» Data provided:
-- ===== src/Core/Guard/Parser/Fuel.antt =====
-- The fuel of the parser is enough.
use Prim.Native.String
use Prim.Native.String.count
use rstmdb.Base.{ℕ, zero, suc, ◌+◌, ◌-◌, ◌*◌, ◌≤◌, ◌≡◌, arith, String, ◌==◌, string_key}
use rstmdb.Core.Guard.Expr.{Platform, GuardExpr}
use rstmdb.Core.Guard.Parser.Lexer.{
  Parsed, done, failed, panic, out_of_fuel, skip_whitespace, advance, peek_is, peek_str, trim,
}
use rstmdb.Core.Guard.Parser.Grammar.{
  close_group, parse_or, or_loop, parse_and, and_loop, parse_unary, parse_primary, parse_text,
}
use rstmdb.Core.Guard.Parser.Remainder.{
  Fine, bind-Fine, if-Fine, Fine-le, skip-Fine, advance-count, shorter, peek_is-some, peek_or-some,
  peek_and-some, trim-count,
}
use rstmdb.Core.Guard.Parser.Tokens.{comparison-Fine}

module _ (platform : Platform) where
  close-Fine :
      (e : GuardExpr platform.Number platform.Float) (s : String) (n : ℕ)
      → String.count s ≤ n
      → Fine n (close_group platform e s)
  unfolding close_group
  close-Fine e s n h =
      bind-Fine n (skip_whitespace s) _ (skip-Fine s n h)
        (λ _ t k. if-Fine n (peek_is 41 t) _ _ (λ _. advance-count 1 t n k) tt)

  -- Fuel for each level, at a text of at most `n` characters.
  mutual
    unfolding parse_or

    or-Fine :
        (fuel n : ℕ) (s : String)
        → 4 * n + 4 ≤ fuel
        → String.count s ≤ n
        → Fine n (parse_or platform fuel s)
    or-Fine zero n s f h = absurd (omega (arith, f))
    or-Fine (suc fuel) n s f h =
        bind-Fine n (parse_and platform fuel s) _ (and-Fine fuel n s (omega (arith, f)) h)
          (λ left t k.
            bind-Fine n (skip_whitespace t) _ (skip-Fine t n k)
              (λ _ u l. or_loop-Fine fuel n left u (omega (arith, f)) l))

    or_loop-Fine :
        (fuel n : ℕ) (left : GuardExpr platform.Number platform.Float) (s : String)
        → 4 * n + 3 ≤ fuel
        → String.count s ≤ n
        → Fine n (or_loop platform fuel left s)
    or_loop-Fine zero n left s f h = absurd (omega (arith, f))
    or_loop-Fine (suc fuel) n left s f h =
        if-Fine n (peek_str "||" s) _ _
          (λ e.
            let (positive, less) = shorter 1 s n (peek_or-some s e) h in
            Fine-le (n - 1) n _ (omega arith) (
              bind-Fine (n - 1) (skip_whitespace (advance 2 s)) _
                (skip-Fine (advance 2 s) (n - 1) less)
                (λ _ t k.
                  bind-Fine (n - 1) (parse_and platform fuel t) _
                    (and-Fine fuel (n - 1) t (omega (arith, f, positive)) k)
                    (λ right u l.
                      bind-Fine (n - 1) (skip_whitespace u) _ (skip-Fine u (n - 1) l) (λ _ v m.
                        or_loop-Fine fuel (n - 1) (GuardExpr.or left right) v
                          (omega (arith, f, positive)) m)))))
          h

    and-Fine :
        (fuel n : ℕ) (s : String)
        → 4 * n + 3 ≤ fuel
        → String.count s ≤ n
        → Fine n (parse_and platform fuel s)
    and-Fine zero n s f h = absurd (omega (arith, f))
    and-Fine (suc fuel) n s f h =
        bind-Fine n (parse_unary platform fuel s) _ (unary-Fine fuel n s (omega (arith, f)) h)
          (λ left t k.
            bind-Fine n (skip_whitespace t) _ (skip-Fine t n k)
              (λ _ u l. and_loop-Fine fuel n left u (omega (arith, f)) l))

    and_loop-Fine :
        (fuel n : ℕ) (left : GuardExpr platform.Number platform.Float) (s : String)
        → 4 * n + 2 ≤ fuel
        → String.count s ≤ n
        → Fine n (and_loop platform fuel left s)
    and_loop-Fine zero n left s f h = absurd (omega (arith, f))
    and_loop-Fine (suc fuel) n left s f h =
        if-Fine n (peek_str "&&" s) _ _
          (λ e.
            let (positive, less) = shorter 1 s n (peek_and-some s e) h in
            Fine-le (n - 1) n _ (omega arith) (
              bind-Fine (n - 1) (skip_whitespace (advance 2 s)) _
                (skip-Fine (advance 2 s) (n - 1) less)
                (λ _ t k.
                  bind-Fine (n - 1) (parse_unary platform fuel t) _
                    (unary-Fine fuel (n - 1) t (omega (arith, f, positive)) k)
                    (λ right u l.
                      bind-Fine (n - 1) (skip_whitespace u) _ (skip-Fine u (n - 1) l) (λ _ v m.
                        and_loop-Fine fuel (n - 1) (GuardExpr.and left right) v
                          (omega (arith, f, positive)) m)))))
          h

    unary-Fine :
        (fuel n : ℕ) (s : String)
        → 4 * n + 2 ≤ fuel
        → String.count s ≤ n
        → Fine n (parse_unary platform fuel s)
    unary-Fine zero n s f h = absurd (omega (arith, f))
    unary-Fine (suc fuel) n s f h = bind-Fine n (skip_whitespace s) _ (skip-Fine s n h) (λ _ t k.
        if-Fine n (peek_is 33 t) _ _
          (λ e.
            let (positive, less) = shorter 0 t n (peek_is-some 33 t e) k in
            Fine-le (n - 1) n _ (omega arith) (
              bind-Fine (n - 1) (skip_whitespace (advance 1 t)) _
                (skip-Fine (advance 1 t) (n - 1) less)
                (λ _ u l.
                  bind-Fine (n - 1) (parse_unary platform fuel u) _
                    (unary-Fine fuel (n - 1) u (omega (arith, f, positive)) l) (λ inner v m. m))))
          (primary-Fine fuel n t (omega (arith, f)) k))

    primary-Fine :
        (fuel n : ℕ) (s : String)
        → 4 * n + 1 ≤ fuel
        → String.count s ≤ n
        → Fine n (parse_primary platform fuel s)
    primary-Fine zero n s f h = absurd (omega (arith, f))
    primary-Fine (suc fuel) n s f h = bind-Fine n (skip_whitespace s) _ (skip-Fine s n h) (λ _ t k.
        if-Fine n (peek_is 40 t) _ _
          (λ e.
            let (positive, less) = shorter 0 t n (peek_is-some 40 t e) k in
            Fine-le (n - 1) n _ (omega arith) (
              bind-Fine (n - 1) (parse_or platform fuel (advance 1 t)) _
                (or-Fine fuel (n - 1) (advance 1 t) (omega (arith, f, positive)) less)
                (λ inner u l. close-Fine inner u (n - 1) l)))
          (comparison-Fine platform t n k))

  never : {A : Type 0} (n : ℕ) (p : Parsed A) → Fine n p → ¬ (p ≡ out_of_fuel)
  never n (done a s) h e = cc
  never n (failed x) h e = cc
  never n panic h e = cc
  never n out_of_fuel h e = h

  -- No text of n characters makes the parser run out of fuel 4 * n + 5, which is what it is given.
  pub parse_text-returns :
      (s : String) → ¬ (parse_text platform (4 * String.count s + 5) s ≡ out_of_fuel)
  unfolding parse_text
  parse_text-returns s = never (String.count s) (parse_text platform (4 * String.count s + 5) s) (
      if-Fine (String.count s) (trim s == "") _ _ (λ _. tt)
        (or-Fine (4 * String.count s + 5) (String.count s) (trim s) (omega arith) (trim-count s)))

==

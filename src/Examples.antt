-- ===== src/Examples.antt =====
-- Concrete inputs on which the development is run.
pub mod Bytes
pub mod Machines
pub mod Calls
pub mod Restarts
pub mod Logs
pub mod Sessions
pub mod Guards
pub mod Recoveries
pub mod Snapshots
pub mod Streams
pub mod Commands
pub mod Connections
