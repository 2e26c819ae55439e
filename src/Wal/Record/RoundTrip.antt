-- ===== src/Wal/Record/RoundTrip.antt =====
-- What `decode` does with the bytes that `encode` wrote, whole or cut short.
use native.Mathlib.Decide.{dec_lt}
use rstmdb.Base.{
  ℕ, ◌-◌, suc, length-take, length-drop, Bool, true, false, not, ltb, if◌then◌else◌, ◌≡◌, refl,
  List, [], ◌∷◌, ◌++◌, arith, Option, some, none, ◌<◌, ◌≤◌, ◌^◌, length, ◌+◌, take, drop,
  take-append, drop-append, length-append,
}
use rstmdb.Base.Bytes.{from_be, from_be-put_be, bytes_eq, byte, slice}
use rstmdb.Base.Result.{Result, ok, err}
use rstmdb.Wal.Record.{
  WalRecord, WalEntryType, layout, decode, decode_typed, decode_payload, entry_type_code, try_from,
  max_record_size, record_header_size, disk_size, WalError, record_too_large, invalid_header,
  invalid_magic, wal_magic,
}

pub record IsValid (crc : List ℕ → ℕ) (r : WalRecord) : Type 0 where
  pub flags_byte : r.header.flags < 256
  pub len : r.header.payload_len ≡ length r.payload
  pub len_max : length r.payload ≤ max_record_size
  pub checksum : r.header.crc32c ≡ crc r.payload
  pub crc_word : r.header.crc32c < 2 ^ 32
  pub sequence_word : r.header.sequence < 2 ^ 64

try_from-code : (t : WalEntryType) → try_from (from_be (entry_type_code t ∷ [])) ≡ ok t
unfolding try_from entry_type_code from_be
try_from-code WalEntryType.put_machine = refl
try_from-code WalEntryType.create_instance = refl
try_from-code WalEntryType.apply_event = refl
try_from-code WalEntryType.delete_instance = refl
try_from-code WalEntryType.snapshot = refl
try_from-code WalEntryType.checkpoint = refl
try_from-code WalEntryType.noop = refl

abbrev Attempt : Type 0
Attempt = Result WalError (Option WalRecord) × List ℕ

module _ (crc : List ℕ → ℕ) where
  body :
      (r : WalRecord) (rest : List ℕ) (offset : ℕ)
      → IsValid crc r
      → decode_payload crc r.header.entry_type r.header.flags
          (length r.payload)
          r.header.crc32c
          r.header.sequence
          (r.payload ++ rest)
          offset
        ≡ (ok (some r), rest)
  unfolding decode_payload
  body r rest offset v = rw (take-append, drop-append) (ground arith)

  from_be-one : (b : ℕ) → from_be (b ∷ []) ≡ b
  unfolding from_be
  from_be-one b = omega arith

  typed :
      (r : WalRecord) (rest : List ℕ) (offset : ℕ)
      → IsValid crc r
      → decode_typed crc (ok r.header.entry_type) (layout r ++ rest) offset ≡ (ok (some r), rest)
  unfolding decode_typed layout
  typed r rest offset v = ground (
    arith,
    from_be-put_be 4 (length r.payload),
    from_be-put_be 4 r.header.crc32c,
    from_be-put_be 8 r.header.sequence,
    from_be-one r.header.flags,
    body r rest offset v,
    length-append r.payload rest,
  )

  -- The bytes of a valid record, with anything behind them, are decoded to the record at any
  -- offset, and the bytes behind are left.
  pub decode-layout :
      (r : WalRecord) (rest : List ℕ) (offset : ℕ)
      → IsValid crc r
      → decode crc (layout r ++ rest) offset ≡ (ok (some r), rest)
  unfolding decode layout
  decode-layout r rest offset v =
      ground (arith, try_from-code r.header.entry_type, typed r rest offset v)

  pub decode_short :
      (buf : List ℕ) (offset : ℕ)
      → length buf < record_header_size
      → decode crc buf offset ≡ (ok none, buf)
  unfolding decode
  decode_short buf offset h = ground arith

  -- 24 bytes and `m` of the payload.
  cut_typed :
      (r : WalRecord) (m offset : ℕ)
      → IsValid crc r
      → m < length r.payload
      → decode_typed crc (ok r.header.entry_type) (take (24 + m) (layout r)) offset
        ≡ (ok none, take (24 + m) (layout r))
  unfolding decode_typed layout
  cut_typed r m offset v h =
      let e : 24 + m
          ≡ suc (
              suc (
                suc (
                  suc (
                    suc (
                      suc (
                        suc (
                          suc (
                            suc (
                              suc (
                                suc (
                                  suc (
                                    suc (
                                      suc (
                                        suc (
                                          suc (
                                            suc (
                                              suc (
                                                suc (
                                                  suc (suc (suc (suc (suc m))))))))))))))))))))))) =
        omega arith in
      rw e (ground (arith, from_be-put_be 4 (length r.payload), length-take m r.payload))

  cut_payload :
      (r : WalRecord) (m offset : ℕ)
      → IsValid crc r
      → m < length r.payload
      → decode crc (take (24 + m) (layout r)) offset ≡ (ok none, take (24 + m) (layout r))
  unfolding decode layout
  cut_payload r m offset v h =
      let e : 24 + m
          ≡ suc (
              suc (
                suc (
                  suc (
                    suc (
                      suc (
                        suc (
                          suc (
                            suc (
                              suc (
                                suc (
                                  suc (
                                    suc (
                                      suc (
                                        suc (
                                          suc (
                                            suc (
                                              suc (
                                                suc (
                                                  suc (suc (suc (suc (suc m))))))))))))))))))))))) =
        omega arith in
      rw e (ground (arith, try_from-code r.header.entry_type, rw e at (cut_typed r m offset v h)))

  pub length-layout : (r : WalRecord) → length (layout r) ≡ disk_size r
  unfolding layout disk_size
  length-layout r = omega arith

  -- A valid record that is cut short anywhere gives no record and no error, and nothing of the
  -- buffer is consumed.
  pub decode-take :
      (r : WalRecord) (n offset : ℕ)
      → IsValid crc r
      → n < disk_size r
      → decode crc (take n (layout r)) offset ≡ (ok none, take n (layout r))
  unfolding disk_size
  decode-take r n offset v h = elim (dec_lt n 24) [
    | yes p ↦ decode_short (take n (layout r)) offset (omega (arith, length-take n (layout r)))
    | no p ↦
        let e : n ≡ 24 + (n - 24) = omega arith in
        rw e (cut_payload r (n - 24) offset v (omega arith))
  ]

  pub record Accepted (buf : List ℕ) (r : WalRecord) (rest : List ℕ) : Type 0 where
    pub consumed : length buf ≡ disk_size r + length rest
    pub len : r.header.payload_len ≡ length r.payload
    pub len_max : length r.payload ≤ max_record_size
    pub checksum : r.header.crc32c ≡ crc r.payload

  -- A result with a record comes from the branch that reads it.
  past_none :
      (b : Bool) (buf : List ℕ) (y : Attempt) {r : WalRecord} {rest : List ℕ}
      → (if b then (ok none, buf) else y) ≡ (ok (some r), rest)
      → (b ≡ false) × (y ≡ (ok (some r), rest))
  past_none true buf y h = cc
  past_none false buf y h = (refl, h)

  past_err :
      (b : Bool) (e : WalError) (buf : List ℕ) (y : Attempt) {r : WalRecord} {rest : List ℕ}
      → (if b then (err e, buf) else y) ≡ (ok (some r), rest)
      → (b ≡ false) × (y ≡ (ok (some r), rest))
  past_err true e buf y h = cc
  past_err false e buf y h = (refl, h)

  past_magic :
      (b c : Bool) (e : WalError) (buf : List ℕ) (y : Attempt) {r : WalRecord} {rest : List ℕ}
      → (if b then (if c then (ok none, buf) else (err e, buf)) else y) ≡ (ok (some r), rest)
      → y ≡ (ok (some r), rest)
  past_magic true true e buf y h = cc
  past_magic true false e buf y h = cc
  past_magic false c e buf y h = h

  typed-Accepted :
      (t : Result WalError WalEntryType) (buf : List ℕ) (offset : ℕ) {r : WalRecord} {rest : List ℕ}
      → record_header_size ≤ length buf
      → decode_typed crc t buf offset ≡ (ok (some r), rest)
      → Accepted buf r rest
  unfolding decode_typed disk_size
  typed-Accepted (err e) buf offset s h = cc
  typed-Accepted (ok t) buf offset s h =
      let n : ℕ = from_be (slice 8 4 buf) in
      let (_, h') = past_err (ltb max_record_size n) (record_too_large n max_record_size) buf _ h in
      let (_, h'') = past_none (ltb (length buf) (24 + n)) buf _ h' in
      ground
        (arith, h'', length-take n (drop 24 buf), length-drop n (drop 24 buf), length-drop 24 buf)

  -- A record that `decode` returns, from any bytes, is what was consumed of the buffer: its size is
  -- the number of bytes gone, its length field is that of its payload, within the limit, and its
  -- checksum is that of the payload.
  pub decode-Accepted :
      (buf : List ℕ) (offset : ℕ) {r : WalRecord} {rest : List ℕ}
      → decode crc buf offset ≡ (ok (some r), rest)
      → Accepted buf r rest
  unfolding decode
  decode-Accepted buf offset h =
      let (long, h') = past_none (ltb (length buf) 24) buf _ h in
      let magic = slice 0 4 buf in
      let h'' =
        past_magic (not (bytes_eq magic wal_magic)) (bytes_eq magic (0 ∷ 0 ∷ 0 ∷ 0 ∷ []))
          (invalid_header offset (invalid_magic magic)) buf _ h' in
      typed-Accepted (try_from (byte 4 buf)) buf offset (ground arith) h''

--

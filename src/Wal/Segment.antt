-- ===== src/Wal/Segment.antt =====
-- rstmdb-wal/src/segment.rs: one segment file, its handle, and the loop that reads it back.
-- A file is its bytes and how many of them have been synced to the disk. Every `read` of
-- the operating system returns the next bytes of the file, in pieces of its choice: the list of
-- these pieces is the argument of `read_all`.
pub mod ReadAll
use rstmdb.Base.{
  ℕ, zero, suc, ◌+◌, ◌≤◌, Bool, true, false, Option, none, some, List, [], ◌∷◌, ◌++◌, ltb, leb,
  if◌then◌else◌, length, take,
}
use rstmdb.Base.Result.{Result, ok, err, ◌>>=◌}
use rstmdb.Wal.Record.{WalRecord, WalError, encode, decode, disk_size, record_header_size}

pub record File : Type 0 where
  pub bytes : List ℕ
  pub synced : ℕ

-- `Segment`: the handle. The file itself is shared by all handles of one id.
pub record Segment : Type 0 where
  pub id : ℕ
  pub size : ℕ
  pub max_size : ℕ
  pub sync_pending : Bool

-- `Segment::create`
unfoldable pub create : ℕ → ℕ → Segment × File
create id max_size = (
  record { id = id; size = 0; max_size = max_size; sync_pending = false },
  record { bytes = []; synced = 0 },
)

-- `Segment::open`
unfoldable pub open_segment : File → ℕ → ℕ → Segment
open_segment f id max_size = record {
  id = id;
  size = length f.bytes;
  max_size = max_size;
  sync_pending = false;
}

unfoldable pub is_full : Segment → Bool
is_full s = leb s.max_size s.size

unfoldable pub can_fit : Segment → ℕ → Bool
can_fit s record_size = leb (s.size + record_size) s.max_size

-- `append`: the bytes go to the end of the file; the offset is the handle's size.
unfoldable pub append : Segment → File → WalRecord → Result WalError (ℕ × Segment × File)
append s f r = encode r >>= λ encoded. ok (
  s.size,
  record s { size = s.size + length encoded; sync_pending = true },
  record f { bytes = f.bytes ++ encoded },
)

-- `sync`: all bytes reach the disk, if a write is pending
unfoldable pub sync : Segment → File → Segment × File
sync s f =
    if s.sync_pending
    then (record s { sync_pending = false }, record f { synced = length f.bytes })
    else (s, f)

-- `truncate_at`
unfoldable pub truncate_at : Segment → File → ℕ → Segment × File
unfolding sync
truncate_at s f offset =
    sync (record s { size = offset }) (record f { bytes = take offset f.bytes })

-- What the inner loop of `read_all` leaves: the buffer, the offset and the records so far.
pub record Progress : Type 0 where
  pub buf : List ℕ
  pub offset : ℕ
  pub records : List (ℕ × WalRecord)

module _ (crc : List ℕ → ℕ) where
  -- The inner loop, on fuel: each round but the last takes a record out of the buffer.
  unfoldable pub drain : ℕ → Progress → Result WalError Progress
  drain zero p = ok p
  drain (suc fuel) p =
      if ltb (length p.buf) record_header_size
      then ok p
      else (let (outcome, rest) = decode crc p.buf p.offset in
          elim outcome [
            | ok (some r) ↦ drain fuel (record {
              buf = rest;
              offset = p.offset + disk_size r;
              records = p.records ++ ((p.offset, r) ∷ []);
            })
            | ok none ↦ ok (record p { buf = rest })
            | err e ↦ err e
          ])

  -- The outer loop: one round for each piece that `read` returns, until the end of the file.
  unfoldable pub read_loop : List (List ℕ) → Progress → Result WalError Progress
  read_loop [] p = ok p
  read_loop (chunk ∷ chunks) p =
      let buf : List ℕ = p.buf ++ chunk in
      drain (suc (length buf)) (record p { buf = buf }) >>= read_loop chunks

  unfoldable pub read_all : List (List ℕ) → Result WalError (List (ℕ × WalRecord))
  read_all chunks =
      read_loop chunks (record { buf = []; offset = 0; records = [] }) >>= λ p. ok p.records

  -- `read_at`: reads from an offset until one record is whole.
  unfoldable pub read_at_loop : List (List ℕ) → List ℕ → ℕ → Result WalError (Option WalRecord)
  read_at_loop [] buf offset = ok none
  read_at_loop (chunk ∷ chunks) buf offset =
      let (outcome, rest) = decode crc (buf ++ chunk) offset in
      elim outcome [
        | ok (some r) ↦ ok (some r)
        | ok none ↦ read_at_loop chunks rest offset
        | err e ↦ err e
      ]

» Directions:
Repeat, word for word, the lines above between the line holding "offset = p.offset" and the line holding "read_loop chunks (record", inclusive; omit everything else.

» Output of the task:
              offset = p.offset + disk_size r;
              records = p.records ++ ((p.offset, r) ∷ []);
            })
            | ok none ↦ ok (record p { buf = rest })
            | err e ↦ err e
          ])

  -- The outer loop: one round for each piece that `read` returns, until the end of the file.
  unfoldable pub read_loop : List (List ℕ) → Progress → Result WalError Progress
  read_loop [] p = ok p
  read_loop (chunk ∷ chunks) p =
      let buf : List ℕ = p.buf ++ chunk in
      drain (suc (length buf)) (record p { buf = buf }) >>= read_loop chunks

  unfoldable pub read_all : List (List ℕ) → Result WalError (List (ℕ × WalRecord))
  read_all chunks =
      read_loop chunks (record { buf = []; offset = 0; records = [] }) >>= λ p. ok p.records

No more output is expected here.